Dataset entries
※

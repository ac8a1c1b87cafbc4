-- ===== src/MapIdx/Pitch.antt =====
-- `detail::MapIdxPitchBytes` of include/alpaka/idx/MapIdx.hpp. `pitch[d]` is the distance between
-- two neighbours in dimension d - 1, so `pitch[0]` is not read. Division by zero as in Extent.antt.
pub mod Laws
use alpaka.Base.{ℕ, ◌+◌, ◌*◌, ◌/◌, ◌%◌, [], ◌∷◌, wrap}
use alpaka.Vec.Fold.{Vec}

module _ (w : ℕ) where
  -- `tmp` and the pitches of the dimensions that are left.
  unfoldable pub divide_by : ℕ → Vec → Vec
  divide_by tmp [] = tmp ∷ []
  divide_by tmp (p ∷ pitch) = wrap w (tmp / p) ∷ divide_by (tmp % p) pitch

  unfoldable pub map_idx_pitch_bytes_to_nd : ℕ → Vec → Vec
  unfolding divide_by
  map_idx_pitch_bytes_to_nd idx [] = []
  map_idx_pitch_bytes_to_nd idx (p0 ∷ pitch) = divide_by idx pitch

  -- `idx[lastDim]` of the vector `i, idx...`.
  unfoldable pub last : ℕ → Vec → ℕ
  last i [] = i
  last i (j ∷ idx) = last j idx

  -- The loop adds `pitch[d + 1] * idx[d]` for every dimension but the last.
  unfoldable pub add_steps : ℕ → Vec → Vec → ℕ
  add_steps idx_1d [] pitch = idx_1d
  add_steps idx_1d (i ∷ idx) [] = idx_1d
  add_steps idx_1d (i ∷ idx) (p ∷ pitch) = add_steps (wrap w (idx_1d + p * i)) idx pitch

  unfoldable pub map_idx_pitch_bytes_to_1d : Vec → Vec → ℕ
  unfolding last add_steps
  map_idx_pitch_bytes_to_1d [] pitch = 0
  map_idx_pitch_bytes_to_1d (i ∷ idx) [] = i
  map_idx_pitch_bytes_to_1d (i ∷ idx) (p0 ∷ pitch) = add_steps (last i idx) (i ∷ idx) pitch
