-- ===== src/MapIdx/Dispatch.antt =====
-- `mapIdx` and `mapIdxPitchBytes` of include/alpaka/idx/MapIdx.hpp: the specialization that the two
-- dimensions select. `none` is a call that does not compile: no specialization fits, or, from
-- dimension 0 to dimension 0, three fit alike.
pub mod Laws
use alpaka.Base.{ℕ, zero, suc, [], ◌∷◌, Option, none, some, ◌==◌, if◌then◌else◌}
use alpaka.Vec.Fold.{Vec, zeros}
use alpaka.MapIdx.Extent.{map_idx_to_nd, map_idx_to_1d}
use alpaka.MapIdx.Pitch.{map_idx_pitch_bytes_to_nd, map_idx_pitch_bytes_to_1d}

-- `dim_out`, `dim_in`, the index with `dim_in` components, and the extent.
unfoldable pub map_idx : ℕ → ℕ → ℕ → Vec → Vec → Option Vec
unfolding zeros map_idx_to_nd map_idx_to_1d
map_idx w zero zero idx extent = none
map_idx w (suc m) zero idx extent = some (zeros (suc m))
map_idx w zero (suc n) idx extent = some []
map_idx w (suc zero) (suc zero) idx extent = some idx
map_idx w (suc (suc m)) (suc zero) [] extent = none
map_idx w (suc (suc m)) (suc zero) (i ∷ idx) extent = some (map_idx_to_nd w i extent)
map_idx w (suc zero) (suc (suc n)) idx extent = some (map_idx_to_1d w idx extent ∷ [])
map_idx w (suc (suc m)) (suc (suc n)) idx extent = if m == n then some idx else none

unfoldable pub map_idx_pitch_bytes : ℕ → ℕ → ℕ → Vec → Vec → Option Vec
unfolding zeros map_idx_pitch_bytes_to_nd map_idx_pitch_bytes_to_1d
map_idx_pitch_bytes w zero zero idx pitch = none
map_idx_pitch_bytes w (suc m) zero idx pitch = some (zeros (suc m))
map_idx_pitch_bytes w zero (suc n) idx pitch = some []
map_idx_pitch_bytes w (suc zero) (suc zero) idx pitch = some idx
map_idx_pitch_bytes w (suc (suc m)) (suc zero) [] pitch = none
map_idx_pitch_bytes w (suc (suc m)) (suc zero) (i ∷ idx) pitch =
    some (map_idx_pitch_bytes_to_nd w i pitch)
map_idx_pitch_bytes w (suc zero) (suc (suc n)) idx pitch =
    some (map_idx_pitch_bytes_to_1d w idx pitch ∷ [])
map_idx_pitch_bytes w (suc (suc m)) (suc (suc n)) idx pitch = if m == n then some idx else none
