-- ===== src/WorkDiv/Types.antt =====
-- include/alpaka/acc/AccDevProps.hpp, workdiv/WorkDivMembers.hpp and the restrictions of
-- workdiv/WorkDivHelpers.hpp.
use alpaka.Base.{ℕ}
use alpaka.Vec.Fold.{Vec}

pub data Restrictions : Type 0 where
  equal_extent close_to_equal_extent unrestricted : Restrictions

pub record AccDevProps : Type 0 where
  pub grid_block_extent_max : Vec
  pub block_thread_extent_max : Vec
  pub thread_elem_extent_max : Vec
  pub grid_block_count_max : ℕ
  pub block_thread_count_max : ℕ
  pub thread_elem_count_max : ℕ
  pub multi_processor_count : ℕ
  pub shared_mem_size_bytes : ℕ

pub record WorkDivMembers : Type 0 where
  pub grid_block_extent : Vec
  pub block_thread_extent : Vec
  pub thread_elem_extent : Vec
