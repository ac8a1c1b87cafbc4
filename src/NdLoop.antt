-- ===== src/NdLoop.antt =====
-- include/alpaka/meta/NdLoop.hpp: nested loops over one index vector, which the loops change in place. The
-- function called is a step on a state `S`; `none` means that the fuel of a loop ran out.
pub mod Laws
pub mod Order
use alpaka.Base.{
  ℕ, zero, suc, ◌+◌, Bool, true, false, List, [], ◌∷◌, Option, none, some, length, get_or, set, ltb,
  wrap,
}
use alpaka.Vec.Fold.{Vec, zeros}
use alpaka.Vec.Rearrange.{index_sequence}

module _ (w : ℕ) {S : Type 0} where
  -- `for(; idx[d] < bound; ++idx[d]) body(idx);`
  unfoldable pub for_dim : ℕ → ℕ → (Vec → S → Option (Vec × S)) → ℕ → Vec → S → Option (Vec × S)
  for_dim d bound body zero idx s = none
  for_dim d bound body (suc fuel) idx s = elim (ltb (get_or idx d 0) bound) [
    | false ↦ some (idx, s)
    | true ↦ elim (body idx s) [
      | none ↦ none
      | some (after, t) ↦ for_dim d bound body fuel (set after d (wrap w (get_or after d 0 + 1))) t
    ]
  ]

  -- `detail::NdLoop` for the dimensions that are left. A loop has one round for each index below the extent.
  unfoldable pub nd_loop_detail : List ℕ → Vec → (Vec → S → S) → Vec → S → Option (Vec × S)
  unfolding for_dim
  nd_loop_detail [] extent f idx s = some (idx, f idx s)
  nd_loop_detail (d ∷ dims) extent f idx s =
      for_dim d (get_or extent d 0) (nd_loop_detail dims extent f) (suc (get_or extent d 0))
        (set idx d 0) s

  unfoldable pub nd_loop : List ℕ → Vec → (Vec → S → S) → S → Option (Vec × S)
  unfolding nd_loop_detail zeros
  nd_loop dims extent f s = nd_loop_detail dims extent f (zeros (length extent)) s

  unfoldable pub nd_loop_inc_idx : Vec → (Vec → S → S) → S → Option (Vec × S)
  unfolding nd_loop index_sequence
  nd_loop_inc_idx extent f s = nd_loop (index_sequence 0 (length extent)) extent f s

※

**Work item:**
Please quote the data above in full, with no line missing.

**Reply:**
repository ac8a1c1b87cafbc4
-- ===== src/MapIdx/Pitch.antt =====
-- `detail::MapIdxPitchBytes` of include/alpaka/idx/MapIdx.hpp. `pitch[d]` is the distance between
-- two neighbours in dimension d - 1, so `pitch[0]` is not read. Division by zero as in Extent.antt.
pub mod Laws
use alpaka.Base.{ℕ, ◌+◌, ◌*◌, ◌/◌, ◌%◌, [], ◌∷◌, wrap}
use alpaka.Vec.Fold.{Vec}

module _ (w : ℕ) where
  -- `tmp` and the pitches of the dimensions that are left.
  unfoldable pub divide_by : ℕ → Vec → Vec
  divide_by tmp [] = tmp ∷ []
  divide_by tmp (p ∷ pitch) = wrap w (tmp / p) ∷ divide_by (tmp % p) pitch

  unfoldable pub map_idx_pitch_bytes_to_nd : ℕ → Vec → Vec
  unfolding divide_by
  map_idx_pitch_bytes_to_nd idx [] = []
  map_idx_pitch_bytes_to_nd idx (p0 ∷ pitch) = divide_by idx pitch

  -- `idx[lastDim]` of the vector `i, idx...`.
  unfoldable pub last : ℕ → Vec → ℕ
  last i [] = i
  last i (j ∷ idx) = last j idx

  -- The loop adds `pitch[d + 1] * idx[d]` for every dimension but the last.
  unfoldable pub add_steps : ℕ → Vec → Vec → ℕ
  add_steps idx_1d [] pitch = idx_1d
  add_steps idx_1d (i ∷ idx) [] = idx_1d
  add_steps idx_1d (i ∷ idx) (p ∷ pitch) = add_steps (wrap w (idx_1d + p * i)) idx pitch

  unfoldable pub map_idx_pitch_bytes_to_1d : Vec → Vec → ℕ
  unfolding last add_steps
  map_idx_pitch_bytes_to_1d [] pitch = 0
  map_idx_pitch_bytes_to_1d (i ∷ idx) [] = i
  map_idx_pitch_bytes_to_1d (i ∷ idx) (p0 ∷ pitch) = add_steps (last i idx) (i ∷ idx) pitch
-- ===== src/MapIdx/Dispatch.antt =====
-- `mapIdx` and `mapIdxPitchBytes` of include/alpaka/idx/MapIdx.hpp: the specialization that the two
-- dimensions select. `none` is a call that does not compile: no specialization fits, or, from
-- dimension 0 to dimension 0, three fit alike.
pub mod Laws
use alpaka.Base.{ℕ, zero, suc, [], ◌∷◌, Option, none, some, ◌==◌, if◌then◌else◌}
use alpaka.Vec.Fold.{Vec, zeros}
use alpaka.MapIdx.Extent.{map_idx_to_nd, map_idx_to_1d}
use alpaka.MapIdx.Pitch.{map_idx_pitch_bytes_to_nd, map_idx_pitch_bytes_to_1d}

-- `dim_out`, `dim_in`, the index with `dim_in` components, and the extent.
unfoldable pub map_idx : ℕ → ℕ → ℕ → Vec → Vec → Option Vec
unfolding zeros map_idx_to_nd map_idx_to_1d
map_idx w zero zero idx extent = none
map_idx w (suc m) zero idx extent = some (zeros (suc m))
map_idx w zero (suc n) idx extent = some []
map_idx w (suc zero) (suc zero) idx extent = some idx
map_idx w (suc (suc m)) (suc zero) [] extent = none
map_idx w (suc (suc m)) (suc zero) (i ∷ idx) extent = some (map_idx_to_nd w i extent)
map_idx w (suc zero) (suc (suc n)) idx extent = some (map_idx_to_1d w idx extent ∷ [])
map_idx w (suc (suc m)) (suc (suc n)) idx extent = if m == n then some idx else none

unfoldable pub map_idx_pitch_bytes : ℕ → ℕ → ℕ → Vec → Vec → Option Vec
unfolding zeros map_idx_pitch_bytes_to_nd map_idx_pitch_bytes_to_1d
map_idx_pitch_bytes w zero zero idx pitch = none
map_idx_pitch_bytes w (suc m) zero idx pitch = some (zeros (suc m))
map_idx_pitch_bytes w zero (suc n) idx pitch = some []
map_idx_pitch_bytes w (suc zero) (suc zero) idx pitch = some idx
map_idx_pitch_bytes w (suc (suc m)) (suc zero) [] pitch = none
map_idx_pitch_bytes w (suc (suc m)) (suc zero) (i ∷ idx) pitch =
    some (map_idx_pitch_bytes_to_nd w i pitch)
map_idx_pitch_bytes w (suc zero) (suc (suc n)) idx pitch =
    some (map_idx_pitch_bytes_to_1d w idx pitch ∷ [])
map_idx_pitch_bytes w (suc (suc m)) (suc (suc n)) idx pitch = if m == n then some idx else none
-- ===== src/WorkDiv/Types.antt =====
-- include/alpaka/acc/AccDevProps.hpp, workdiv/WorkDivMembers.hpp and the restrictions of
-- workdiv/WorkDivHelpers.hpp.
use alpaka.Base.{ℕ}
use alpaka.Vec.Fold.{Vec}

pub data Restrictions : Type 0 where
  equal_extent close_to_equal_extent unrestricted : Restrictions

pub record AccDevProps : Type 0 where
  pub grid_block_extent_max : Vec
  pub block_thread_extent_max : Vec
  pub thread_elem_extent_max : Vec
  pub grid_block_count_max : ℕ
  pub block_thread_count_max : ℕ
  pub thread_elem_count_max : ℕ
  pub multi_processor_count : ℕ
  pub shared_mem_size_bytes : ℕ

pub record WorkDivMembers : Type 0 where
  pub grid_block_extent : Vec
  pub block_thread_extent : Vec
  pub thread_elem_extent : Vec
repository ac8a1c1b87cafbc4
filename src/NdLoop.antt
-- ===== src/NdLoop.antt =====
-- include/alpaka/meta/NdLoop.hpp: nested loops over one index vector, which the loops change in place. The
-- function called is a step on a state `S`; `none` means that the fuel of a loop ran out.
pub mod Laws
pub mod Order
use alpaka.Base.{
  ℕ, zero, suc, ◌+◌, Bool, true, false, List, [], ◌∷◌, Option, none, some, length, get_or, set, ltb,
  wrap,
}
use alpaka.Vec.Fold.{Vec, zeros}
use alpaka.Vec.Rearrange.{index_sequence}

module _ (w : ℕ) {S : Type 0} where
  -- `for(; idx[d] < bound; ++idx[d]) body(idx);`
  unfoldable pub for_dim : ℕ → ℕ → (Vec → S → Option (Vec × S)) → ℕ → Vec → S → Option (Vec × S)
  for_dim d bound body zero idx s = none
  for_dim d bound body (suc fuel) idx s = elim (ltb (get_or idx d 0) bound) [
    | false ↦ some (idx, s)
    | true ↦ elim (body idx s) [
      | none ↦ none
      | some (after, t) ↦ for_dim d bound body fuel (set after d (wrap w (get_or after d 0 + 1))) t
    ]
  ]

  -- `detail::NdLoop` for the dimensions that are left. A loop has one round for each index below the extent.
  unfoldable pub nd_loop_detail : List ℕ → Vec → (Vec → S → S) → Vec → S → Option (Vec × S)
  unfolding for_dim
  nd_loop_detail [] extent f idx s = some (idx, f idx s)
  nd_loop_detail (d ∷ dims) extent f idx s =
      for_dim d (get_or extent d 0) (nd_loop_detail dims extent f) (suc (get_or extent d 0))
        (set idx d 0) s

  unfoldable pub nd_loop : List ℕ → Vec → (Vec → S → S) → S → Option (Vec × S)
  unfolding nd_loop_detail zeros
  nd_loop dims extent f s = nd_loop_detail dims extent f (zeros (length extent)) s

  unfoldable pub nd_loop_inc_idx : Vec → (Vec → S → S) → S → Option (Vec × S)
  unfolding nd_loop index_sequence
  nd_loop_inc_idx extent f s = nd_loop (index_sequence 0 (length extent)) extent f s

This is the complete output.